# Udev and devfsd

## cryo

I am running a 2.6.5 kernel with udev hotplug and baselayout 1.8.6.13-r1. According to the udev guide on this site, devfsd shouldn't be running.. I still have devfs enabled at boot time. The guide says

 *Quote:*   

> If you want to use the udev-tweaks Gentoo added to make your life comfortable, then read no more. You're all set. The Gentoo init scripts won't run the devfsd daemon and will deactivate devfs when you boot up.

 

But devfsd is in fact running after I boot up. Killing it doesn't seem to harm anything, and stuff like e.g. tun devices seem to be handled by udev and not devfsd, since the devices are created a little differently (with no symbolic links). So why run devfsd? Looking in /sbin/rc, it says something about it being needed for /dev/ram0 or something. Anyone knows?

----------

## nonotme

actually, you can disable devfs in kernel if your using udev instead. you probably still have "devfs" and "mount at boot" enabled. check in Pseudo Filesystems in your kernel.

----------

## cryo

Yes I do... according to the guide you can leave it enabled (whatever "can" is suposed to mean in this case :-p), and still, quote "The Gentoo init scripts won't run the devfsd daemon and will deactivate devfs when you boot up.".
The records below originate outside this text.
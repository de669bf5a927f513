-- ===== src/Block/Same.antt =====
-- What it is for two nodes to have the same ledger, and that the steps of `process_block` keep it.
-- (belcoin_node/storage.py)
use belcoin.Prelude.{ℕ, ◌≡◌, refl, ap, Bool, false, List, [], ◌∷◌, arith, In, set}
use belcoin.Tesseract.{Bytes, Input, Output, Transaction}
use belcoin.TxnWrapper.{TxnWrapper, wrap}
use belcoin.Index.{Index, add_txn_to_balance_index, del_out_from_balance_index, del_outputs}
use belcoin.State.{Env, Node}
use belcoin.Mempool.{remove_from_mempool, remove_invalid_txn_from_mempool}
use belcoin.Ledger.{mark_spent, spend_output, store, store_pending, del_from_pending}
use belcoin.Verify.{
  Locals, continue, invalid, raised, check_pend_replacement, verify_input, verify_inputs,
}
use belcoin.Block.{count_accepted, count_processed}

module _ ⦃E : Env⦄ where
  open E use {crypto as C, wrappers as W, transactions as T}

  -- The databases, the indexes and the time are the same, and so are the transactions that the
  -- mempools hold under the hashes listed. The rest of the mempools, their order, the queues and the
  -- counters may differ.
  pub record SameLedger (txids : List Bytes) (s s' : Node) : Type 0 where
    pub db : s.db ≡ s'.db
    pub pend : s.pend ≡ s'.pend
    pub pub_outs : s.pub_outs ≡ s'.pub_outs
    pub pub_outs_pend : s.pub_outs_pend ≡ s'.pub_outs_pend
    pub current_time : s.current_time ≡ s'.current_time
    pub pool : (k : Bytes) → In k txids → T.get s.mempool k ≡ T.get s'.mempool k

  module _ {txids : List Bytes} where
    pub remove-Same :
        (k : Bytes) (s s' : Node)
        → SameLedger txids s s'
        → SameLedger txids (remove_from_mempool k s) (remove_from_mempool k s')
    unfolding remove_from_mempool
    remove-Same k s s' h = record {
      db = h.db;
      pend = h.pend;
      pub_outs = h.pub_outs;
      pub_outs_pend = h.pub_outs_pend;
      current_time = h.current_time;
      pool = λ j i.
          ground (arith, T.get-delete s.mempool k j, T.get-delete s'.mempool k j, h.pool j i);
    }

    pub remove_invalid-Same :
        (k : Bytes) (s s' : Node)
        → SameLedger txids s s'
        → SameLedger txids
            (remove_invalid_txn_from_mempool k s)
            (remove_invalid_txn_from_mempool k s')
    unfolding remove_invalid_txn_from_mempool
    remove_invalid-Same k s s' h = remove-Same k _ _ (record {
      db = h.db;
      pend = h.pend;
      pub_outs = h.pub_outs;
      pub_outs_pend = h.pub_outs_pend;
      current_time = h.current_time;
      pool = h.pool;
    })

    pub del_from_pending-Same :
        (tx : Transaction) (s s' : Node)
        → SameLedger txids s s'
        → SameLedger txids (del_from_pending tx s) (del_from_pending tx s')
    unfolding del_from_pending
    del_from_pending-Same tx s s' h = record {
      db = h.db;
      pend = ap (λ d. W.delete d tx.txid) h.pend;
      pub_outs = h.pub_outs;
      pub_outs_pend =
          ap (λ (x : Index). del_outputs C.get_pubkeys tx.txid 0 tx.outputs x) h.pub_outs_pend;
      current_time = h.current_time;
      pool = h.pool;
    }

    pub store-Same :
        (txn : Transaction) (ts : ℕ) (s s' : Node)
        → SameLedger txids s s'
        → SameLedger txids (store txn ts s) (store txn ts s')
    unfolding store
    store-Same txn ts s s' h = record {
      db = ap (λ d. W.put d txn.txid (wrap txn ts)) h.db;
      pend = h.pend;
      pub_outs = ap (add_txn_to_balance_index C.get_pubkeys txn) h.pub_outs;
      pub_outs_pend = h.pub_outs_pend;
      current_time = h.current_time;
      pool = h.pool;
    }

    pub store_pending-Same :
        (txn : Transaction) (ts : ℕ) (s s' : Node)
        → SameLedger txids s s'
        → SameLedger txids (store_pending txn ts s) (store_pending txn ts s')
    unfolding store_pending
    store_pending-Same txn ts s s' h = record {
      db = h.db;
      pend = ap (λ d. W.put d txn.txid (wrap txn ts)) h.pend;
      pub_outs = h.pub_outs;
      pub_outs_pend = ap (add_txn_to_balance_index C.get_pubkeys txn) h.pub_outs_pend;
      current_time = h.current_time;
      pool = h.pool;
    }

    -- `verify_inputs` reads the two databases and the time only.
    pub verify_input-Same :
        (b : Bool) (txn : Transaction) (inp : Input) (l : Locals) (s s' : Node)
        → SameLedger txids s s'
        → verify_input b txn s inp l ≡ verify_input b txn s' inp l
    unfolding verify_input check_pend_replacement
    verify_input-Same b txn inp l s s' h = λ i.
        verify_input b txn
          (record s { db = h.db i; pend = h.pend i; current_time = h.current_time i }) inp l

    pub verify_inputs-Same :
        (b : Bool) (txn : Transaction) (inps : List Input) (l : Locals) (s s' : Node)
        → SameLedger txids s s'
        → verify_inputs b txn s inps l ≡ verify_inputs b txn s' inps l
    unfolding verify_inputs
    verify_inputs-Same b txn [] l s s' h = refl
    verify_inputs-Same b txn (inp ∷ inps) l s s' h = λ i.
        elim (verify_input-Same b txn inp l s s' h i) [
          | continue l' ↦ (verify_inputs-Same b txn inps l' s s' h) i
          | invalid ↦ invalid
          | raised e ↦ raised e
        ]

    pub spend_output-Same :
        (inp : Input) (w : TxnWrapper) (o : Output) (s s' : Node)
        → SameLedger txids s s'
        → SameLedger txids (spend_output inp w o s) (spend_output inp w o s')
    unfolding spend_output
    spend_output-Same inp w o s s' h = record {
      db = ap (λ d. W.put d inp.txid (record w { utxos = set w.utxos inp.index false })) h.db;
      pend = h.pend;
      pub_outs =
          ap (λ (x : Index). del_out_from_balance_index (C.get_pubkeys o) (inp.txid, inp.index) x)
            h.pub_outs;
      pub_outs_pend = h.pub_outs_pend;
      current_time = h.current_time;
      pool = h.pool;
    }

    pub mark_spent-Same :
        (inp : Input) (w : TxnWrapper) (s s' : Node)
        → SameLedger txids s s'
        → SameLedger txids (mark_spent inp w s) (mark_spent inp w s')
    unfolding mark_spent
    mark_spent-Same inp w s s' h = record {
      db = ap (λ d. W.put d inp.txid (record w { utxos = set w.utxos inp.index false })) h.db;
      pend = h.pend;
      pub_outs = h.pub_outs;
      pub_outs_pend = h.pub_outs_pend;
      current_time = h.current_time;
      pool = h.pool;
    }

    pub count_accepted-Same :
        (s s' : Node)
        → SameLedger txids s s'
        → SameLedger txids (count_accepted s) (count_accepted s')
    unfolding count_accepted
    count_accepted-Same s s' h = record {
      db = h.db;
      pend = h.pend;
      pub_outs = h.pub_outs;
      pub_outs_pend = h.pub_outs_pend;
      current_time = h.current_time;
      pool = h.pool;
    }

    pub count_processed-Same :
        (s s' : Node)
        → SameLedger txids s s'
        → SameLedger txids (count_processed s) (count_processed s')
    unfolding count_processed
    count_processed-Same s s' h = record {
      db = h.db;
      pend = h.pend;
      pub_outs = h.pub_outs;
      pub_outs_pend = h.pub_outs_pend;
      current_time = h.current_time;
      pool = h.pool;
    }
But... it doesn't seem to be the case, and actually looking into it I can see that /dev is mounted as devfs and not ramfs or whatever, which is not really a surprise I guess. I also don't have the device node tarball expanded then.

Is it safe to disable devfs mount at boot just like that? What about the /dev/console and /dev/null? Well... I guess I can always experiment :-p.

----------

## nevynxxx

You can leave the devfs enabled in the kernel, but should remove mount at boot, other wise it will mount...at boot...  :Twisted Evil: 

----------

## cryo

Right... I assumed it was necessary for system operation.. I was tricked since udevd is actually running along with devfsd now, and devices are created in a new way (for instance I now get /dev/net/tun as a direct device, instead of before where it was a link to /dev/misc/..).
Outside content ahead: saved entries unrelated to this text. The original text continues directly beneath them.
-- ===== src/Block/Replicas.antt =====
-- Two nodes with the same ledger that have the transactions of a block process it alike.
use belcoin.Prelude.{
  ℕ, ◌≡◌, refl, ap, Bool, true, false, Option, none, some, List, ◌==◌, if◌then◌else◌, In, ltb,
  length, get_elem?, is_some,
}
use belcoin.Tesseract.{Bytes, Input, Output, Transaction}
use belcoin.Exec.{
  Exec, ok, invalid_transaction_error, pure, gets, raise, or_raise, modify, for_each, key_error,
  index_error,
}
use belcoin.Exec.Agrees.{
  Agrees, Agrees-bind, Agrees-modify, Agrees-pure, Agrees-gets, Agrees-or_raise, Agrees-raise,
  Agrees-if, Agrees-for_each,
}
use belcoin.TxnWrapper.{TxnWrapper}
use belcoin.State.{Env, Node}
use belcoin.Mempool.{remove_invalid_txn_from_mempool}
use belcoin.Ledger.{
  amounts, spend, spend_at, mark_spent, write_txn_to_db, store_pending, write_txn_to_pend,
}
use belcoin.Verify.{
  Replacement, no_match, refused, replaces, Locals, Step, continue, invalid, raised, verify_inputs,
  finish_check, conclude, reject_stored, verify_txn,
}
use belcoin.Block.{count_processed, accept_txn, process_txn}
use belcoin.Block.Same.{
  SameLedger, remove-Same, remove_invalid-Same, del_from_pending-Same, store-Same,
  store_pending-Same, verify_inputs-Same, spend_output-Same, mark_spent-Same, count_accepted-Same,
  count_processed-Same,
}

module _ ⦃E : Env⦄ where
  open E use {wrappers as W, transactions as T}

  -- Both run the action with the same result.
  abbrev Alike : {A : Type 0} → List Bytes → Exec Node A → Type 0
  Alike txids m = Agrees (SameLedger txids) m

  module _ {txids : List Bytes} where
    spend_at-Alike :
        (inp : Input) (w : TxnWrapper) (o : Option Output) → Alike txids (spend_at inp w o)
    unfolding spend_at
    spend_at-Alike inp w none =
        Agrees-bind (modify (mark_spent inp w)) (λ _. raise index_error)
          (Agrees-modify _ (mark_spent-Same inp w)) (λ _. Agrees-raise index_error)
    spend_at-Alike inp w (some o) = Agrees-modify _ (spend_output-Same inp w o)

    spend-Alike : (inp : Input) → Alike txids (spend inp)
    unfolding spend
    spend-Alike inp =
        Agrees-bind (gets (λ s. W.get s.db inp.txid)) _
          (Agrees-gets _ (λ s s' h. ap (λ d. W.get d inp.txid) h.db))
          (λ found. Agrees-bind (or_raise found key_error) _ (Agrees-or_raise found key_error) (λ w.
            Agrees-if (ltb inp.index (length w.utxos)) _ _
              (spend_at-Alike inp w (get_elem? w.txn.outputs inp.index))
              (Agrees-raise index_error)))

    write_txn_to_db-Alike : (txn : Transaction) (ts : ℕ) → Alike txids (write_txn_to_db txn ts)
    unfolding write_txn_to_db
    write_txn_to_db-Alike txn ts =
        Agrees-bind (for_each txn.inputs spend) _
          (Agrees-for_each txn.inputs spend (λ inp _. spend-Alike inp))
          (λ _. Agrees-modify _ (store-Same txn ts))

    write_txn_to_pend-Alike : (txn : Transaction) (ts : ℕ) → Alike txids (write_txn_to_pend txn ts)
    unfolding write_txn_to_pend
    write_txn_to_pend-Alike txn ts =
        Agrees-bind (modify (store_pending txn ts)) _ (Agrees-modify _ (store_pending-Same txn ts))
          (λ _. Agrees-for_each txn.inputs spend (λ inp _. spend-Alike inp))

    finish_check-Alike : (c : Option Replacement) → Alike txids (finish_check c)
    unfolding finish_check
    finish_check-Alike none = record { at = λ s s' h. (refl, h) }
    finish_check-Alike (some (replaces tx)) = record {
      at = λ s s' h. (refl, del_from_pending-Same tx s s' h);
    }
    finish_check-Alike (some no_match) = record { at = λ s s' h. (refl, h) }
    finish_check-Alike (some refused) = record { at = λ s s' h. (refl, h) }

    conclude-Alike :
        (b : Bool) (txn : Transaction) (r : Step Locals) → Alike txids (conclude b txn r)
    unfolding conclude
    conclude-Alike b txn (raised e) = record { at = λ s s' h. (refl, h) }
    conclude-Alike b txn invalid = record {
      at = λ s s' h. (refl, remove_invalid-Same txn.txid s s' h);
    }
    conclude-Alike b txn (continue l) = record {
      at = λ s s' h. balance (l.has_coins == amounts txn.outputs) b s s' h;
    }
      where
        balance :
            (t c : Bool) (s s' : Node)
            → SameLedger txids s s'
            → ((if t
                  then (if c then finish_check l.check s else (ok true, s))
                  else (ok false, remove_invalid_txn_from_mempool txn.txid s)).0
                ≡ (if t
                    then (if c then finish_check l.check s' else (ok true, s'))
                    else (ok false, remove_invalid_txn_from_mempool txn.txid s')).0)
              × SameLedger txids
                  (if t
                    then (if c then finish_check l.check s else (ok true, s))
                    else (ok false, remove_invalid_txn_from_mempool txn.txid s)).1
                  (if t
                    then (if c then finish_check l.check s' else (ok true, s'))
                    else (ok false, remove_invalid_txn_from_mempool txn.txid s')).1
        balance true true s s' h = (finish_check-Alike l.check).at s s' h
        balance true false s s' h = (refl, h)
        balance false c s s' h = (refl, remove_invalid-Same txn.txid s s' h)

    reject_stored-Alike : (txn : Transaction) → Alike txids (reject_stored txn)
    unfolding reject_stored
    reject_stored-Alike txn = record { at = λ s s' h. (refl, remove-Same txn.txid s s' h) }

    verify_txn-Alike : (b : Bool) (txn : Transaction) → Alike txids (verify_txn b txn)
    unfolding verify_txn
    verify_txn-Alike b txn =
        Agrees-bind (gets (λ s. W.get s.db txn.txid)) _
          (Agrees-gets _ (λ s s' h. ap (λ d. W.get d txn.txid) h.db))
          (λ stored.
            Agrees-bind
              (gets
                (λ s. verify_inputs b txn s txn.inputs (record { has_coins = 0; check = none })))
              _ (Agrees-gets _ (verify_inputs-Same b txn txn.inputs _))
              (λ r.
                Agrees-if (is_some stored) _ _ (reject_stored-Alike txn) (conclude-Alike b txn r)))

    accept_txn-Alike : (txn : Transaction) → Alike txids (accept_txn txn)
    unfolding accept_txn
    accept_txn-Alike txn =
        Agrees-bind (gets (λ s. s.current_time)) _ (Agrees-gets _ (λ s s' h. h.current_time)) (λ ts.
          Agrees-bind
            (if txn.timelock == 0 then write_txn_to_db txn ts else write_txn_to_pend txn ts) _
            (Agrees-if _ _ _ (write_txn_to_db-Alike txn ts) (write_txn_to_pend-Alike txn ts))
            (λ _. Agrees-modify _ count_accepted-Same))

    process_txn-Alike : (txid : Bytes) → In txid txids → Alike txids (process_txn txid)
    unfolding process_txn
    process_txn-Alike txid i =
        Agrees-bind (gets (λ s. T.get s.mempool txid)) _ (Agrees-gets _ (λ s s' h. h.pool txid i))
          (λ found.
            Agrees-bind (or_raise found invalid_transaction_error) _
              (Agrees-or_raise found invalid_transaction_error)
              (λ txn. Agrees-bind (verify_txn true txn) _ (verify_txn-Alike true txn) (λ valid.
                Agrees-bind (if valid then accept_txn txn else pure tt) _
                  (Agrees-if valid _ _ (accept_txn-Alike txn) (Agrees-pure tt))
                  (λ _.
                    Agrees-bind (modify count_processed) _ (Agrees-modify _ count_processed-Same)
                      (λ _. Agrees-modify _ (remove-Same txid))))))

  -- Two nodes whose databases, indexes and time are the same, and whose mempools hold the same
  -- transactions under the hashes of a block, whatever else differs between their mempools, queues and
  -- counters: the loop of `process_block` ends in the same way on both, with the same exception if it
  -- raises, and leaves both with the same databases and indexes.
  pub replicas_agree :
      (block : List Bytes) (s s' : Node)
      → SameLedger block s s'
      → ((for_each block process_txn s).0 ≡ (for_each block process_txn s').0)
        × SameLedger block (for_each block process_txn s).1 (for_each block process_txn s').1
  replicas_agree block = (Agrees-for_each block process_txn (λ txid i. process_txn-Alike txid i)).at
I am now wondering... where is udevd started? Not by the startup scripts; it even starts when booting into single user mode. Is it because the kernel has hotplug support and thus calls the hotplug script which calls the udevsend and then ..udevd? In that case, why is udevd started manually by rc when we are in udev mode? Forgive me for being curious   :Wink: 

Final question: When the udev FAQ speaks of creating /dev/null and /dev/console (when running non-tweaked udev), where do they want those created? In the ramfs mounted on /dev? In the devfs mounted on /dev (hardly), .. on the disk? And if so, how do you access that, since there is always a devfs/ramfs mounted on top of it?

----------

## cryo

Alright, I just tried to boot without mounting devfs at boot... result: Unable to open initial console. My guess is the missing /dev/console and /dev/null? But in the udev guide it says those are only needed if you are not running the gentoo tweaked udev and not using the tarball etc.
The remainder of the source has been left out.